Return the opening lines of the material, word for word. End with the line that contains "pub status : ProposalStatus".

*Data for review*
********

-- ===== src/Chat/State.antt =====
-- src/capabilities/dialogue/ChatHistoryStore.ts: the messages, the turns and the state of the store.
use sera_core.Prelude.{ℕ, String, Bool, Option, List}
use sera_core.Dict.{Dict}

pub data UiRole : Type 0 where
  user : UiRole
  agent : UiRole

pub data ProposalStatus : Type 0 where
  waiting : ProposalStatus
  approved : ProposalStatus
  rejected : ProposalStatus

-- of a proposal, what the store reads and writes
pub record ChatProposal : Type 0 where
  pub proposal_id : String
  pub status : ProposalStatus

-- an optional field is `none` where the object lacks it
pub record UiMessage : Type 0 where
  pub id : ℕ
  pub client_message_id : Option String
  pub role : Option UiRole
  pub type : Option String
  pub content : Option String
  pub images : Option (List String)
  pub documents : Option (List String)
  pub proposal : Option ChatProposal
  pub action_links : Option (List (String × String))
  pub observations : Option (List String)
  pub cognitive_steps : Option (List String)
  pub duration_seconds : Option ℕ
  pub had_tools : Option Bool

pub data TurnRole : Type 0 where
  user_turn : TurnRole
  assistant_turn : TurnRole

pub record PlatformTurn : Type 0 where
  pub role : TurnRole
  pub content : String
  pub timestamp : Option ℕ

-- what the file holds: every save writes a list of messages, and the type has one
pub record ChatHistoryState : Type 0 where
  pub ui_messages : List UiMessage
  pub platform_messages : Option (Dict (List PlatformTurn))

-- what the store reads of a snapshot of the cloud, which others write as well
pub record ChatSnapshot : Type 0 where
  pub ui_messages : Option (List UiMessage)
  pub platform_messages : Option (Dict (List PlatformTurn))

pub record ChatHistoryStore : Type 0 where
  pub messages : List UiMessage
  pub turns : Dict (List PlatformTurn)
  pub persist_locally : Bool
  pub file : Option ChatHistoryState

********

*Your response*
-- ===== src/Chat/State.antt =====
-- src/capabilities/dialogue/ChatHistoryStore.ts: the messages, the turns and the state of the store.
use sera_core.Prelude.{ℕ, String, Bool, Option, List}
use sera_core.Dict.{Dict}

pub data UiRole : Type 0 where
  user : UiRole
  agent : UiRole

pub data ProposalStatus : Type 0 where
  waiting : ProposalStatus
  approved : ProposalStatus
  rejected : ProposalStatus

-- of a proposal, what the store reads and writes
pub record ChatProposal : Type 0 where
  pub proposal_id : String
  pub status : ProposalStatus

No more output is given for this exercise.